Print the records below exactly; all of them are needed.

Stored data

____

-- ===== src/Session/Delivery.antt =====
-- internal/session/manager.go: what a subscriber's channel holds after a log was broadcast, and that
-- no channel is filled past its capacity, sent on when closed, or closed twice.
use capd.Prelude.{
  ℕ, suc, ◌≤◌, ◌<◌, ◌≡◌, refl, sym, ap, subst, ◌∙◌, inl, inr, true, false, Option, List, [], ◌∷◌,
  ◌++◌, map, append_assoc, append-nil, arith, length, take, Bool-cases, length-append, length-drop,
}
use capd.Protocol.{Event}
use capd.Session.Store.{Codec, Store}
use capd.Session.Channel.{Subscriber, pending, has_room, push, offer, finish, cancel, receive}
use capd.Session.Pump.{Session, PersistIo, max_buffer, pump_loop}
use capd.Session.Log.{deliver, grow, log_of, pump_loop-grow}

-- What the registry and the reader rely on of one channel.
pub record IsSound (sub : Subscriber) : Type 0 where
  pub read : sub.taken ≤ length sub.sent
  pub fits : pending sub ≤ sub.capacity
  pub usable : sub.registered ≡ true → sub.closed ≡ false
  pub calm : sub.overflow ≡ true → sub.closed ≡ true

offer-IsSound : (ev : Event) (sub : Subscriber) → IsSound sub → IsSound (offer ev sub)
unfolding offer
offer-IsSound ev sub h = ground (arith, length-append sub.sent (ev ∷ []))

finish-IsSound : (ev : Event) (sub : Subscriber) → IsSound sub → IsSound (finish ev sub)
unfolding finish
finish-IsSound ev sub h = ground (arith, length-append sub.sent (ev ∷ []))

cancel-IsSound : (n : ℕ) (sub : Subscriber) → IsSound sub → IsSound (cancel n sub)
unfolding cancel
cancel-IsSound n sub h = ground arith

-- What a subscriber has after a log: all of it, in order, while it stays registered; else an initial
-- part of it, with the channel closed, the overflow signalled and the channel full.
pub data Fed (log : List Event) (old new : Subscriber) : Type 0 where
  kept : new.registered ≡ true → new.sent ≡ old.sent ++ log → Fed log old new
  dropped :
      (k : ℕ)
      → k < length log
      → new.registered ≡ false
      → new.closed ≡ true
      → new.overflow ≡ true
      → new.sent ≡ old.sent ++ take k log
      → new.capacity ≤ pending new
      → Fed log old new

module _ (ev : Event) (sub : Subscriber) where
  offer_unregistered : sub.registered ≡ false → offer ev sub ≡ sub
  unfolding offer
  offer_unregistered h = simp h

  offer_room : sub.registered ≡ true → has_room sub ≡ true → offer ev sub ≡ push ev sub
  unfolding offer
  offer_room h room = simp (h, room)

  offer_full :
      sub.registered ≡ true
      → has_room sub ≡ false
      → offer ev sub ≡ record sub { registered = false; closed = true; overflow = true }
  unfolding offer
  offer_full h full = simp (h, full)

deliver_unregistered :
    (log : List Event) (sub : Subscriber) → sub.registered ≡ false → deliver log sub ≡ sub
unfolding deliver
deliver_unregistered [] sub h = refl
deliver_unregistered (ev ∷ log) sub h =
    ap (deliver log) (offer_unregistered ev sub h) ∙ deliver_unregistered log sub h

shift :
    (ev : Event) (log : List Event) (old new : Subscriber)
    → Fed log (push ev old) new
    → Fed (ev ∷ log) old new
shift ev log old new (kept r e) = kept r (e ∙ append_assoc old.sent (ev ∷ []) log)
shift ev log old new (dropped k h r c o e full) =
    dropped (suc k) (omega arith) r c o (e ∙ append_assoc old.sent (ev ∷ []) (take k log)) full

pub deliver-Fed :
    (log : List Event) (sub : Subscriber) → sub.registered ≡ true → Fed log sub (deliver log sub)
unfolding deliver
deliver-Fed [] sub h = kept h (sym (append-nil sub.sent))
deliver-Fed (ev ∷ log) sub h = elim (Bool-cases (has_room sub)) [
  | inl room ↦
      subst (λ t. Fed (ev ∷ log) sub (deliver log t)) (sym (offer_room ev sub h room))
        (shift ev log sub _ (deliver-Fed log (push ev sub) h))
  | inr full ↦
      subst (λ t. Fed (ev ∷ log) sub (deliver log t)) (sym (offer_full ev sub h full))
        (subst (Fed (ev ∷ log) sub) (sym (deliver_unregistered log _ refl))
          (dropped 0 (omega arith) refl refl refl (sym (append-nil sub.sent)) (ground arith)))
]

deliver-IsSound : (log : List Event) (sub : Subscriber) → IsSound sub → IsSound (deliver log sub)
unfolding deliver
deliver-IsSound [] sub h = h
deliver-IsSound (ev ∷ log) sub h = deliver-IsSound log (offer ev sub) (offer-IsSound ev sub h)

receive-IsSound : (sub : Subscriber) → IsSound sub → IsSound (receive sub).1
unfolding receive
receive-IsSound sub h = ground (arith, length-drop sub.taken sub.sent)

-- A channel that is within its bounds, and not both registered and closed, stays so under every
-- operation on it: a broadcast, the end of the session, a cancellation and a read.
pub channel_operations-IsSound :
    (sub : Subscriber) (ev : Event) (n : ℕ)
    → IsSound sub
    → IsSound (offer ev sub)
      × IsSound (finish ev sub)
      × IsSound (cancel n sub)
      × IsSound (receive sub).1
channel_operations-IsSound sub ev n h =
    (offer-IsSound ev sub h, finish-IsSound ev sub h, cancel-IsSound n sub h, receive-IsSound sub h)

-- After the loop of pump, from a buffer within its bound, every subscriber is what it was with the log
-- of the run offered to it. A registered one with a sound channel then either is still registered, with
-- the whole log in order behind what it had, or has an initial part of the log, its channel full and
-- closed and the overflow signalled; and its channel is still sound.
pub pump_loop_feeds_subscribers :
    (json : Codec) (evs : List (PersistIo × Event)) (s : Session) (st : Option Store)
    (sub : Subscriber)
    → length s.buf ≤ max_buffer
    → sub.registered ≡ true
    → IsSound sub
    → let log = log_of json evs s st in
      ((pump_loop json evs s st).0.subs ≡ map (deliver log) s.subs)
      × Fed log sub (deliver log sub)
      × IsSound (deliver log sub)
unfolding grow
pump_loop_feeds_subscribers json evs s st sub h r k = (
  ap (λ t. t.subs) (pump_loop-grow json evs s st h),
  deliver-Fed (log_of json evs s st) sub r,
  deliver-IsSound (log_of json evs s st) sub k,
)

____

### ANSWER SECTION
-- ===== src/Session/Delivery.antt =====
-- internal/session/manager.go: what a subscriber's channel holds after a log was broadcast, and that
-- no channel is filled past its capacity, sent on when closed, or closed twice.
use capd.Prelude.{
  ℕ, suc, ◌≤◌, ◌<◌, ◌≡◌, refl, sym, ap, subst, ◌∙◌, inl, inr, true, false, Option, List, [], ◌∷◌,
  ◌++◌, map, append_assoc, append-nil, arith, length, take, Bool-cases, length-append, length-drop,
}
use capd.Protocol.{Event}
use capd.Session.Store.{Codec, Store}
use capd.Session.Channel.{Subscriber, pending, has_room, push, offer, finish, cancel, receive}
use capd.Session.Pump.{Session, PersistIo, max_buffer, pump_loop}
use capd.Session.Log.{deliver, grow, log_of, pump_loop-grow}

-- What the registry and the reader rely on of one channel.
pub record IsSound (sub : Subscriber) : Type 0 where
  pub read : sub.taken ≤ length sub.sent
  pub fits : pending sub ≤ sub.capacity
  pub usable : sub.registered ≡ true → sub.closed ≡ false
  pub calm : sub.overflow ≡ true → sub.closed ≡ true

offer-IsSound : (ev : Event) (sub : Subscriber) → IsSound sub → IsSound (offer ev sub)
unfolding offer
offer-IsSound ev sub h = ground (arith, length-append sub.sent (ev ∷ []))

finish-IsSound : (ev : Event) (sub : Subscriber) → IsSound sub → IsSound (finish ev sub)
unfolding finish
finish-IsSound ev sub h = ground (arith, length-append sub.sent (ev ∷ []))

cancel-IsSound : (n : ℕ) (sub : Subscriber) → IsSound sub → IsSound (cancel n sub)
unfolding cancel
cancel-IsSound n sub h = ground arith

-- What a subscriber has after a log: all of it, in order, while it stays registered; else an initial
-- part of it, with the channel closed, the overflow signalled and the channel full.
pub data Fed (log : List Event) (old new : Subscriber) : Type 0 where
  kept : new.registered ≡ true → new.sent ≡ old.sent ++ log → Fed log old new
  dropped :
      (k : ℕ)
      → k < length log
      → new.registered ≡ false
      → new.closed ≡ true
      → new.overflow ≡ true
      → new.sent ≡ old.sent ++ take k log
      → new.capacity ≤ pending new
      → Fed log old new

module _ (ev : Event) (sub : Subscriber) where
  offer_unregistered : sub.registered ≡ false → offer ev sub ≡ sub
  unfolding offer
  offer_unregistered h = simp h

  offer_room : sub.registered ≡ true → has_room sub ≡ true → offer ev sub ≡ push ev sub
  unfolding offer
  offer_room h room = simp (h, room)

  offer_full :
      sub.registered ≡ true
      → has_room sub ≡ false
      → offer ev sub ≡ record sub { registered = false; closed = true; overflow = true }
  unfolding offer
  offer_full h full = simp (h, full)

deliver_unregistered :
    (log : List Event) (sub : Subscriber) → sub.registered ≡ false → deliver log sub ≡ sub
unfolding deliver
deliver_unregistered [] sub h = refl
deliver_unregistered (ev ∷ log) sub h =
    ap (deliver log) (offer_unregistered ev sub h) ∙ deliver_unregistered log sub h

shift :
    (ev : Event) (log : List Event) (old new : Subscriber)
    → Fed log (push ev old) new
    → Fed (ev ∷ log) old new
shift ev log old new (kept r e) = kept r (e ∙ append_assoc old.sent (ev ∷ []) log)
shift ev log old new (dropped k h r c o e full) =
    dropped (suc k) (omega arith) r c o (e ∙ append_assoc old.sent (ev ∷ []) (take k log)) full

pub deliver-Fed :
    (log : List Event) (sub : Subscriber) → sub.registered ≡ true → Fed log sub (deliver log sub)
unfolding deliver
deliver-Fed [] sub h = kept h (sym (append-nil sub.sent))
deliver-Fed (ev ∷ log) sub h = elim (Bool-cases (has_room sub)) [
  | inl room ↦
      subst (λ t. Fed (ev ∷ log) sub (deliver log t)) (sym (offer_room ev sub h room))
        (shift ev log sub _ (deliver-Fed log (push ev sub) h))
  | inr full ↦
      subst (λ t. Fed (ev ∷ log) sub (deliver log t)) (sym (offer_full ev sub h full))
        (subst (Fed (ev ∷ log) sub) (sym (deliver_unregistered log _ refl))
          (dropped 0 (omega arith) refl refl refl (sym (append-nil sub.sent)) (ground arith)))
]

deliver-IsSound : (log : List Event) (sub : Subscriber) → IsSound sub → IsSound (deliver log sub)
unfolding deliver
deliver-IsSound [] sub h = h
deliver-IsSound (ev ∷ log) sub h = deliver-IsSound log (offer ev sub) (offer-IsSound ev sub h)

receive-IsSound : (sub : Subscriber) → IsSound sub → IsSound (receive sub).1
unfolding receive
receive-IsSound sub h = ground (arith, length-drop sub.taken sub.sent)

-- A channel that is within its bounds, and not both registered and closed, stays so under every
-- operation on it: a broadcast, the end of the session, a cancellation and a read.
pub channel_operations-IsSound :
    (sub : Subscriber) (ev : Event) (n : ℕ)
    → IsSound sub
    → IsSound (offer ev sub)
      × IsSound (finish ev sub)
      × IsSound (cancel n sub)
      × IsSound (receive sub).1
channel_operations-IsSound sub ev n h =
    (offer-IsSound ev sub h, finish-IsSound ev sub h, cancel-IsSound n sub h, receive-IsSound sub h)

-- After the loop of pump, from a buffer within its bound, every subscriber is what it was with the log
-- of the run offered to it. A registered one with a sound channel then either is still registered, with
-- the whole log in order behind what it had, or has an initial part of the log, its channel full and
-- closed and the overflow signalled; and its channel is still sound.
pub pump_loop_feeds_subscribers :
    (json : Codec) (evs : List (PersistIo × Event)) (s : Session) (st : Option Store)
    (sub : Subscriber)
    → length s.buf ≤ max_buffer
    → sub.registered ≡ true
    → IsSound sub
    → let log = log_of json evs s st in
      ((pump_loop json evs s st).0.subs ≡ map (deliver log) s.subs)
      × Fed log sub (deliver log sub)
      × IsSound (deliver log sub)
unfolding grow
pump_loop_feeds_subscribers json evs s st sub h r k = (
  ap (λ t. t.subs) (pump_loop-grow json evs s st h),
  deliver-Fed (log_of json evs s st) sub r,
  deliver-IsSound (log_of json evs s st) sub k,
)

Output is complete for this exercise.